The source of Poem Wedding Dress comes from Dill’s 1994 performance Dada Poem Wedding Dress that honored women victims of AIDS. The performer’s dress was stripped off by her “bachelors”—a reference to Marcel Duchamp’s 1915–23 work The Bride Stripped Bare by Her Bachelors, Even (The Large Glass)—to reveal her nude body imprinted with the same words seen on the dress. The performance evoked the harsh despair of women afflicted—stripped bare—by the AIDS crisis


Your Mind, This Moment: Art and the Practice of Attention (2017)

On Lesley Dill’s fortieth birthday, her mother gave her a book of Emily Dickinson’s poems.

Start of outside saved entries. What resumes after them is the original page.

-- ===== src/Deck/Access.antt =====
-- Whom the ship deck (src/server/Shipdeck.cpp) lets in, and which messages it can read.
use pirate_servers.Base.{
  String, ◌≡◌, refl, ◌∙◌, List, [], ◌∷◌, true, false, arith, ◌==◌, eq_refl, ap, eq_through,
}
use pirate_servers.Base.Map.{Map, contains, index, touch, lookup-insert_self, or_default, insert}
use pirate_servers.Base.Outcome.{ok, err, out_of_range, value_of_is_ok}
use pirate_servers.Wire.{Message}
use pirate_servers.Defines.{CabinInfo, set_cabin_id, client_info, set_crew_id, set_server_id}
use pirate_servers.Deck.{Deck, Sent, to_cabins, to_server, client_at, cabin_named}
use pirate_servers.Deck.Crew.{
  handle_crewmate_input, handle_crewmate_input_command, handle_crewmate_input_text, login,
}
use pirate_servers.Deck.Workers.{dispatch_server}
use pirate_servers.Deck.Delivery.{
  arrive, change_player_cabins_registered, moved_client, crew_name_to_id-arrive,
}
use pirate_servers.Deck.Placed.{index-insert}

module _ (visit : Map CabinInfo → Map CabinInfo) where
  -- A client that has not logged in changes nothing and is answered nothing, whatever it sends but a
  -- login; and so is a client that logs in again, with any name and password.
  pub login_once :
      (s_id crew_id sender_type message_type : String) (arguments : Message) (d : Deck)
      → contains crew_id d.client_map ≡ (message_type == "LOGIN")
      → handle_crewmate_input visit (s_id ∷ crew_id ∷ sender_type ∷ message_type ∷ arguments) d
        ≡ ok (d, [])
  unfolding handle_crewmate_input
  login_once s_id crew_id sender_type message_type arguments d h =
      ground
        (arith, eq_through message_type "LOGIN" "COMMAND", eq_through message_type "LOGIN" "TEXT")

  -- A message of six frames or more, whatever it says, is handled to the end.
  pub handle_crewmate_input_total :
      (s_id crew_id sender_type message_type first second : String) (rest : Message) (d : Deck)
      → (result : Deck × List Sent) × (handle_crewmate_input visit
            (s_id ∷ crew_id ∷ sender_type ∷ message_type ∷ first ∷ second ∷ rest)
            d
          ≡ ok result)
  unfolding handle_crewmate_input handle_crewmate_input_command handle_crewmate_input_text
  handle_crewmate_input_total s_id crew_id sender_type message_type first second rest d =
      value_of_is_ok _ (ground arith)

  -- A peer that is not logged in can make the ship deck read behind the end of a message: by an
  -- empty message, by one that ends at CREW, and by a login without its name or its password.
  pub short_messages_fault :
      (s_id crew_id username : String) (d : Deck)
      → contains crew_id d.client_map ≡ false
      → (dispatch_server visit (s_id ∷ crew_id ∷ []) d ≡ err out_of_range)
        × (dispatch_server visit (s_id ∷ crew_id ∷ "CREW" ∷ []) d ≡ err out_of_range)
        × (dispatch_server visit (s_id ∷ crew_id ∷ "CREW" ∷ "LOGIN" ∷ []) d ≡ err out_of_range)
        × (dispatch_server visit (s_id ∷ crew_id ∷ "CREW" ∷ "LOGIN" ∷ username ∷ []) d
            ≡ err out_of_range)
  unfolding dispatch_server handle_crewmate_input
  short_messages_fault s_id crew_id username d h = (refl, refl, ground arith, ground arith)

  -- The first login of a client puts it, online and under its own name, into the default cabin, and
  -- is answered by an acknowledgement to its server before the cabin hears of it.
  pub login_enters :
      (s_id crew_id username password : String) (rest : Message) (d : Deck)
      → contains crew_id d.client_map ≡ false
      → contains (cabin_named d.default_cabin d) d.cabin_id_to_info ≡ true
      → let cab_id = cabin_named d.default_cabin d in
        (d' : Deck) × (handle_crewmate_input visit
            (s_id ∷ crew_id ∷ "CREW" ∷ "LOGIN" ∷ username ∷ password ∷ rest)
            d
          ≡ ok (
            d',
            to_server (s_id ∷ crew_id ∷ "SHIP" ∷ "ACK" ∷ [])
                ∷ to_cabins ("" ∷ "DISCONNECT" ∷ username ∷ [])
                ∷ to_cabins (cab_id ∷ "JOIN" ∷ username ∷ [])
                ∷ [],
          ))
        × (client_at crew_id d' ≡ record {
          c_id = crew_id;
          c_server_id = s_id;
          curr_cabin = cab_id;
          c_username = username;
          c_password = password;
          c_online = true;
        })
        × (index username "" d'.crew_name_to_id ≡ crew_id)
  unfolding handle_crewmate_input login
  login_enters s_id crew_id username password rest d fresh registered =
      let client = set_crew_id crew_id (set_server_id s_id (client_info username password)) in
      let known = record d {
        client_map = insert crew_id client d.client_map;
        crew_name_to_id = insert username crew_id d.crew_name_to_id;
        cabin_name_to_id = touch d.default_cabin "" d.cabin_name_to_id;
      } in
      let cab_id = cabin_named d.default_cabin d in
      let at_self : client_at crew_id known ≡ client =
        index-insert crew_id crew_id client d.client_map ∙ rw (eq_refl crew_id) in
      (
        arrive crew_id cab_id known,
        rw fresh (
            rw (change_player_cabins_registered crew_id cab_id known (rw at_self) registered)
              (rw at_self)),
        rw (moved_client crew_id cab_id known crew_id)
            (rw (eq_refl crew_id) (ap (set_cabin_id cab_id) at_self)),
        rw (crew_name_to_id-arrive crew_id cab_id known)
            (ap (or_default "") (lookup-insert_self username crew_id d.crew_name_to_id)),
      )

Dill said of her experience, “I wasn’t slow enough in my mind at that time to read poetry.” In response to the nineteenth-century American poet’s writing, Dill began to practice meditation and has incorporated Dickinson’s poetry into her work. The text that appears in Poem Wedding Dress comes from Dickinson’s The Soul has Bandaged moments – (360), and the dress takes after Dickinson’s wardrobe. A spinster, the nineteenth-century American poet lived in relative isolation writing poetry, most works never read until after her death. In Dill’s hands, illegible and scattered upon a women’s dress, the words evoke a ghostly presence. The dress represents the body, but the words give the body voice—together generating an experience of sound as well as a visual presence. The source of Poem Wedding Dress comes from Dill’s original performance of Dada Poem Wedding Dress in 1994, honoring women victims of AIDS at a benefit held at Webster Hall in New York. The performer’s dress was stripped off by her “bachelors” only to reveal her nude body printed with the same words; the performance emulated the experience of those women affected, or stripped, by the AIDS crisis. Language in Dill’s work reveals the intimacy of interior thoughts unspoken.